# concentrate and clearing of SP?



## roadpupp (May 23, 2012)

Hey all- 

My pee is dry and clearing! I made a 6.5 gallon batch and plan to split it up among a few 1 gallon bottles (Need to buy a 3 gallon carboy). 

I think I will do half with sugar and 1/4 each of some concentrate. I have searched all the concentrate threads and see blueberry Pom and Apple Cherry and strawberry as potential candiates. 

I guess I have a basic question. Won't these cloud my nice clear pee? I can't imagine strawberry juice being clear? 
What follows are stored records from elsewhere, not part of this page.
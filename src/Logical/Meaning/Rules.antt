-- ===== src/Logical/Meaning/Rules.antt =====
-- Constant folding and the removal of true filters keep what a plan means.
use tiny_olap.Base.{List, [], ◌∷◌, map, ◌≡◌, refl, ap, sym, true, false, Option, none, some}
use tiny_olap.Base.Int.{ℤ}
use tiny_olap.Logical.Plan.{
  LiteralValue, int, float, str, boolean, null, BinaryOp, eq, not_eq, lt, lt_eq, gt, gt_eq, and, or,
  LogicalExpr, column, literal, binary_op, aggregate, cast,
}
use tiny_olap.Logical.Folding.{fold_ints, fold_operands, fold_expr}
use tiny_olap.Logical.Meaning.{
  Source, bind, compare_ints, connect, apply_op, value, keep, select, values, project_rows,
}

pub bind_cases {ℓ κ} :
    {A : Type ℓ} {B : Type κ} (m : Option A) (f : A → Option B) (v : B)
    → bind m f ≡ some v
    → (a : A) × (m ≡ some a) × (f a ≡ some v)
bind_cases none f v h = cc
bind_cases (some a) f v h = (a, refl, h)

module _ {Row : Type 0} (src : Source Row) where
  -- Where the first has a result, the second has the same.
  ints_keep :
      (row : Row) (a : ℤ) (op : BinaryOp) (b : ℤ) (v : LiteralValue)
      → compare_ints a op b ≡ some v
      → value src row (fold_ints a op b) ≡ some v
  unfolding value fold_ints compare_ints
  ints_keep row a eq b v h = h
  ints_keep row a not_eq b v h = h
  ints_keep row a lt b v h = h
  ints_keep row a lt_eq b v h = h
  ints_keep row a gt b v h = h
  ints_keep row a gt_eq b v h = h
  ints_keep row a and b v h = cc
  ints_keep row a or b v h = cc

  true_and : (a v : LiteralValue) → apply_op src (boolean true) and a ≡ some v → a ≡ v
  unfolding apply_op connect
  true_and (boolean b) v h = cc
  true_and (int b) v h = cc
  true_and (float b) v h = cc
  true_and (str b) v h = cc
  true_and null v h = cc

  false_or : (a v : LiteralValue) → apply_op src (boolean false) or a ≡ some v → a ≡ v
  unfolding apply_op connect
  false_or (boolean b) v h = cc
  false_or (int b) v h = cc
  false_or (float b) v h = cc
  false_or (str b) v h = cc
  false_or null v h = cc

  false_and : (a v : LiteralValue) → apply_op src (boolean false) and a ≡ some v → boolean false ≡ v
  unfolding apply_op connect
  false_and (boolean b) v h = cc
  false_and (int b) v h = cc
  false_and (float b) v h = cc
  false_and (str b) v h = cc
  false_and null v h = cc

  true_or : (a v : LiteralValue) → apply_op src (boolean true) or a ≡ some v → boolean true ≡ v
  unfolding apply_op connect
  true_or (boolean b) v h = cc
  true_or (int b) v h = cc
  true_or (float b) v h = cc
  true_or (str b) v h = cc
  true_or null v h = cc

  -- Where an operation has a value, so has its folding, and it is the same.
  operands_keep :
      (row : Row) (l : LogicalExpr) (op : BinaryOp) (r : LogicalExpr) (v : LiteralValue)
      → value src row (binary_op l op r) ≡ some v
      → value src row (fold_operands l op r) ≡ some v
  unfolding value fold_operands apply_op
  operands_keep row (column t c) op r v h = h
  operands_keep row (binary_op m p n) op r v h = h
  operands_keep row (aggregate f arg) op r v h = h
  operands_keep row (cast y ty) op r v h = h
  operands_keep row (literal (float x)) op r v h = h
  operands_keep row (literal (str x)) op r v h = h
  operands_keep row (literal null) op r v h = h
  operands_keep row (literal (int x)) op (literal (int y)) v h = ints_keep row x op y v h
  operands_keep row (literal (int x)) op (column u d) v h = h
  operands_keep row (literal (int x)) op (literal (float n)) v h = h
  operands_keep row (literal (int x)) op (literal (str n)) v h = h
  operands_keep row (literal (int x)) op (literal (boolean n)) v h = h
  operands_keep row (literal (int x)) op (literal null) v h = h
  operands_keep row (literal (int x)) op (binary_op m p n) v h = h
  operands_keep row (literal (int x)) op (aggregate g z) v h = h
  operands_keep row (literal (int x)) op (cast y ty) v h = h
  operands_keep row (literal (boolean true)) eq r v h = h
  operands_keep row (literal (boolean true)) not_eq r v h = h
  operands_keep row (literal (boolean true)) lt r v h = h
  operands_keep row (literal (boolean true)) lt_eq r v h = h
  operands_keep row (literal (boolean true)) gt r v h = h
  operands_keep row (literal (boolean true)) gt_eq r v h = h
  operands_keep row (literal (boolean true)) and r v h =
      let (b, hb, hv) = bind_cases (value src row r) (apply_op src (boolean true) and) v h in
      rw (ap (λ w. some w) (sym (true_and b v hv))) hb
  operands_keep row (literal (boolean true)) or r v h =
      let (b, hb, hv) = bind_cases (value src row r) (apply_op src (boolean true) or) v h in
      ap (λ w. some w) (true_or b v hv)
  operands_keep row (literal (boolean false)) eq r v h = h
  operands_keep row (literal (boolean false)) not_eq r v h = h
  operands_keep row (literal (boolean false)) lt r v h = h
  operands_keep row (literal (boolean false)) lt_eq r v h = h
  operands_keep row (literal (boolean false)) gt r v h = h
  operands_keep row (literal (boolean false)) gt_eq r v h = h
  operands_keep row (literal (boolean false)) and r v h =
      let (b, hb, hv) = bind_cases (value src row r) (apply_op src (boolean false) and) v h in
      ap (λ w. some w) (false_and b v hv)
  operands_keep row (literal (boolean false)) or r v h =
      let (b, hb, hv) = bind_cases (value src row r) (apply_op src (boolean false) or) v h in
      rw (ap (λ w. some w) (sym (false_or b v hv))) hb

  -- Folding an expression keeps the value that it has.
  pub value-fold_expr :
      (row : Row) (e : LogicalExpr) (v : LiteralValue)
      → value src row e ≡ some v
      → value src row (fold_expr e) ≡ some v
  unfolding value fold_expr
  value-fold_expr row (binary_op l op r) v h =
      let (a, ha, h_rest) =
        bind_cases (value src row l) (λ x. bind (value src row r) (λ y. apply_op src x op y)) v h in
      let (b, hb, hv) = bind_cases (value src row r) (apply_op src a op) v h_rest in
      let left = value-fold_expr row l a ha in
      let right = value-fold_expr row r b hb in
      operands_keep row (fold_expr l) op (fold_expr r) v (rw (left, right, value) hv)
  value-fold_expr row (column t c) v h = h
  value-fold_expr row (literal w) v h = h
  value-fold_expr row (aggregate f arg) v h = h
  value-fold_expr row (cast e ty) v h = h

  keep_value :
      (m : Option LiteralValue) (row : Row) (rest out : List Row)
      → keep src m row rest ≡ some out
      → (v : LiteralValue) × (m ≡ some v)
  unfolding keep
  keep_value none row rest out h = cc
  keep_value (some v) row rest out h = (v, refl)

  pub select-fold_expr :
      (p : LogicalExpr) (rows out : List Row)
      → select src p rows ≡ some out
      → select src (fold_expr p) rows ≡ some out
  unfolding select
  select-fold_expr p [] out h = h
  select-fold_expr p (row ∷ rows) out h =
      let (rest, e, hk) = bind_cases (select src p rows) (keep src (value src row p) row) out h in
      let (v, hv) = keep_value (value src row p) row rest out hk in
      rw (select-fold_expr p rows rest e, value-fold_expr row p v hv) (rw (← hv) hk)

  values-fold_expr :
      (row : Row) (es : List LogicalExpr) (vs : List LiteralValue)
      → values src row es ≡ some vs
      → values src row (map fold_expr es) ≡ some vs
  unfolding values
  values-fold_expr row [] vs h = h
  values-fold_expr row (e ∷ es) vs h =
      let (v, hv, h_rest) =
        bind_cases (value src row e) (λ w. bind (values src row es) (λ ws. some (w ∷ ws))) vs h in
      let (ws, hws, hw) = bind_cases (values src row es) (λ ws. some (v ∷ ws)) vs h_rest in
      rw (value-fold_expr row e v hv, values-fold_expr row es ws hws) hw

  pub project_rows-fold_expr :
      (es : List LogicalExpr) (rows out : List Row)
      → project_rows src es rows ≡ some out
      → project_rows src (map fold_expr es) rows ≡ some out
  unfolding project_rows
  project_rows-fold_expr es [] out h = h
  project_rows-fold_expr es (row ∷ rows) out h =
      let (vs, hv, h_rest) =
        bind_cases (values src row es)
          (λ vs. bind (project_rows src es rows) (λ rest. some (src.row_of vs ∷ rest))) out h in
      let (rest, hr, ho) =
        bind_cases (project_rows src es rows) (λ rest. some (src.row_of vs ∷ rest)) out h_rest in
      rw (values-fold_expr row es vs hv, project_rows-fold_expr es rows rest hr) ho

  pub select-true : (rows : List Row) → select src (literal (boolean true)) rows ≡ some rows
  unfolding select value keep
  select-true [] = refl
  select-true (row ∷ rows) = rw (select-true rows) refl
Do I have to use sparkaloid again or are all these just clear concentrates? 

Thanks


----------



## Swilley (May 23, 2012)

add sugar and concentrate and let sit for 2 weeks to settle then bottle but be careful the sediment can be easily disturbed


----------



## hobbyiswine (May 23, 2012)

Some of the concentrates are clear and some have "chunks" in them. The pulp substance in some concentrates doesn't seem to add much flavor. I add one can per gallon if the juice is clear and bottle right away if sorbate has been added. Flavor yours to taste as I have found some cans to have plenty of sugar but not taste as sweet. If the cans of concentrate have pulp in them then yes, let it settle on its own for a couple weeks. No need to add any clearing agents. Gravity will do the job. Chances are it will be gone very soon anyways!


----------